The spatial reference taken in this methodology approach refers to the heterogeneity in terms of plant species across the case study station, which is the reason why we pooled the subsamples of our plants together to represent each specie selected. However, as the concentration and arrangement of PSC, as well as its medicinal and nutritional effects, change across plants and parts of plants (Provenza, 1995; Villalba et al., 2017), keeping subsamples from different locations at the station, or different parts of the same plant separately and statistically comparing their PSC concentration would enrich the spatial information used in the building of the maps. Similarly, we applied the methodology for only one season—Summer. As the concentration of PSC changes with the phenology of plants (Kuhnen et al., 2021), the growth pattern of plants and seasonal influence on their PSC content and effects would further inform management decisions to enhance the particular effects of some dietary PSC on the health and wellbeing of the animals. Therefore, we strongly recommend the inclusion of temporal variability on PSC synthesis for future studies.

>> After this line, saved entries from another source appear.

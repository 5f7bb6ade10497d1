-- ===== src/Calls/Emit/Part.antt =====
-- The candidates that pass 3 of src/java_codebase_rag/graph/build_ast_graph.py keeps: those of the caller's
-- microservice, and one of several that overlap along the supertypes.
use mathlib.Core.List.{Memᴰ}
use mathlib.Core.List.Memᴰ
use jrag.Base.{
  ℕ, ◌≤◌, Bool, true, false, List, [], ◌∷◌, ◌≡◌, refl, sym, ap, ◌∙◌, subst, arith, ◌==◌, ◌&&◌,
  length, Bool-cases, inl, inr, Text, same_text,
}
use jrag.Calls.{keep, CallSite, MemberEntry, Tables}
use jrag.Calls.Receiver.{Strategy, overload_ambiguous}
use jrag.Calls.Lookup.{
  collapse_supertype_duplicates, matches_call, is_duplicate, all_allowed, ids_of, collapse_to,
  collapse_on,
}
use jrag.Calls.Lookup.Found.{mem-keep, keep-mem}
use jrag.Calls.Emit.{same_strategy, same_service, own_service, collapsed, narrow, is_text}

length-keep-le : {A : Type 0} → (test : A → Bool) (xs : List A) → length (keep test xs) ≤ length xs
unfolding keep
length-keep-le test [] = omega arith
length-keep-le test (x ∷ xs) = ground (arith, length-keep-le test xs)

true_not_false : true ≡ false → ⊥
true_not_false h = cc

-- Where nothing is left out, all pass the test.
keep-full :
    {A : Type 0}
    → (test : A → Bool) (xs : List A) → length (keep test xs) ≡ length xs
    → (a : A) → Memᴰ a xs
    → test a ≡ true
unfolding keep
keep-full test [] n a m = absurd (Memᴰ.not-nil m)
keep-full test (x ∷ xs) n a m = elim (Bool-cases (test x)) [
  | inl e ↦ elim (Memᴰ.cases_cons m) [
    | inl h ↦ ap test h ∙ e
    | inr k ↦ keep-full test xs (ground (arith, n, e)) a k
  ]
  | inr e ↦ ground (arith, n, e, length-keep-le test xs)
]

abbrev pub HasService : MemberEntry → Type 0
HasService m = (c : ℕ) × (cs : Text) × (m.microservice ≡ c ∷ cs)

-- Of a caller with a microservice: the one that is chosen is in it, if any of them is.
abbrev pub IsLocal : MemberEntry → List MemberEntry → MemberEntry → Type 0
IsLocal m all c =
    HasService m
    → (d : MemberEntry) → Memᴰ d all
    → same_service m d ≡ true
    → same_service m c ≡ true

-- Some of a list, as many as one at least.
pub record IsPart (P : MemberEntry → Type 0) (all part : List MemberEntry) : Type 0 where
  pub fits : (c : MemberEntry) → Memᴰ c part → Memᴰ c all × P c
  pub some_left : 1 ≤ length all → 1 ≤ length part

whole :
    (m : MemberEntry) (all : List MemberEntry)
    → ((c : MemberEntry) → Memᴰ c all → IsLocal m all c)
    → IsPart (IsLocal m all) all all
whole m all h = record { fits = λ c k. (k, h c k); some_left = λ n. n }

narrow-IsPart :
    (m : MemberEntry) (all kept : List MemberEntry)
    → keep (same_service m) all ≡ kept
    → IsPart (IsLocal m all) all (narrow m kept all).0
narrow-IsPart m all [] e = whole m all (λ c k hs d n s.
    absurd (Memᴰ.not-nil (subst (λ l. Memᴰ d l) e (keep-mem (same_service m) d all n s))))
narrow-IsPart m all (x ∷ kept) e = elim (Bool-cases (length (x ∷ kept) == length all)) [
  | inl n ↦ rw n (
      whole m all
        (λ c k hs d l s. keep-full (same_service m) all (ap length e ∙ ground (arith, n)) c k))
  | inr n ↦ rw n (record {
    fits = λ c k.
        let (l, s) =
          mem-keep (same_service m) c all
            (subst (λ (xs : List MemberEntry). Memᴰ c xs) (sym e) k) in
        (l, λ hs d md sd. s);
    some_left = λ k. omega arith;
  })
]

pub own_service-IsPart :
    (m : MemberEntry) (all : List MemberEntry) → IsPart (IsLocal m all) all (own_service m all).0
unfolding own_service
own_service-IsPart m all = elim (Bool-cases (is_text m.microservice)) [
  | inl e ↦ rw e (narrow-IsPart m all (keep (same_service m) all) refl)
  | inr e ↦
      rw e (whole m all (λ c k (x, xs, h) d n s. absurd (true_not_false (ap is_text (sym h) ∙ e))))
]

abbrev pub Some : MemberEntry → Type 0
Some c = Unit {0}

all_of : (cs : List MemberEntry) → IsPart Some cs cs
all_of cs = record { fits = λ c k. (k, tt); some_left = λ n. n }

collapse_to-IsPart :
    (c : MemberEntry) (ss cs : List MemberEntry) → Memᴰ c cs → IsPart Some cs (collapse_to c ss cs)
collapse_to-IsPart c [] cs k = all_of cs
collapse_to-IsPart c (s ∷ ss) cs k =
    elim (Bool-cases (all_allowed (c.node_id ∷ ids_of (s ∷ ss)) cs)) [
      | inl e ↦ rw e (record {
        fits = λ d l. (Memᴰ.cast (Memᴰ.eq_of_singleton l) k, tt);
        some_left = λ n. omega arith;
      })
      | inr e ↦ rw e (all_of cs)
    ]

collapse_on-IsPart :
    (tables : Tables) (recv : Text) (own cs : List MemberEntry)
    → ((c : MemberEntry) → Memᴰ c own → Memᴰ c cs)
    → IsPart Some cs (collapse_on tables recv own cs)
collapse_on-IsPart tables recv [] cs h = all_of cs
collapse_on-IsPart tables recv (c ∷ []) cs h =
    collapse_to-IsPart c (keep (is_duplicate tables recv c) cs) cs (h c (Memᴰ.head refl))
collapse_on-IsPart tables recv (c ∷ d ∷ ds) cs h = all_of cs

collapse_duplicates-IsPart :
    (tables : Tables) (recv : Text) (call : CallSite) (cs : List MemberEntry)
    → IsPart Some cs (collapse_supertype_duplicates tables recv call cs)
unfolding collapse_supertype_duplicates
collapse_duplicates-IsPart tables recv call [] = all_of []
collapse_duplicates-IsPart tables recv call (c ∷ []) = all_of (c ∷ [])
collapse_duplicates-IsPart tables recv call (c ∷ d ∷ cs) =
    let test = λ (m : MemberEntry). same_text m.parent_fqn recv && matches_call m call in
    collapse_on-IsPart tables recv (keep test (c ∷ d ∷ cs)) (c ∷ d ∷ cs)
      (λ x k. (mem-keep test x (c ∷ d ∷ cs) k).0)

pub collapsed-IsPart :
    (tables : Tables) (recv : Text) (call : CallSite) (s : Strategy) (cs : List MemberEntry)
    → IsPart Some cs (collapsed tables recv call s cs)
collapsed-IsPart tables recv call s cs = elim (Bool-cases (same_strategy s overload_ambiguous)) [
  | inl e ↦ rw e (all_of cs)
  | inr e ↦ rw e (collapse_duplicates-IsPart tables recv call cs)
]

We also highlight the importance of understanding the effect of herbivory on plants. Ruminants may induce the development of some swards while depriving the survival of others, due to their highly selective activity, affecting the diversity of plants and, therefore, threatening the stability and resilience of the system (Wrage et al., 2011). If the distribution, composition, and growth pattern of plants along the different seasons is known, grazing can be adjusted for the available plants in space and time according to animal feeding patterns and selectivity to better manipulate the vegetation dynamics and improve the diversity, stability, and resilience of the system. This highlights the need of creating different healthscapes for different environments not only spatially but also in a temporal context.

This study provides a novel approach to the study and management of grasslands by incorporating spatial dimensions to plant chemistry. The methodology presented in this study emerges as a heuristic tool for the design and analysis of modern pastoral livestock production systems to promote health as a whole. As an innovative approach, we caution the reader on the need for proper adjustment of building variables and analyses according to the particular contexts and goals.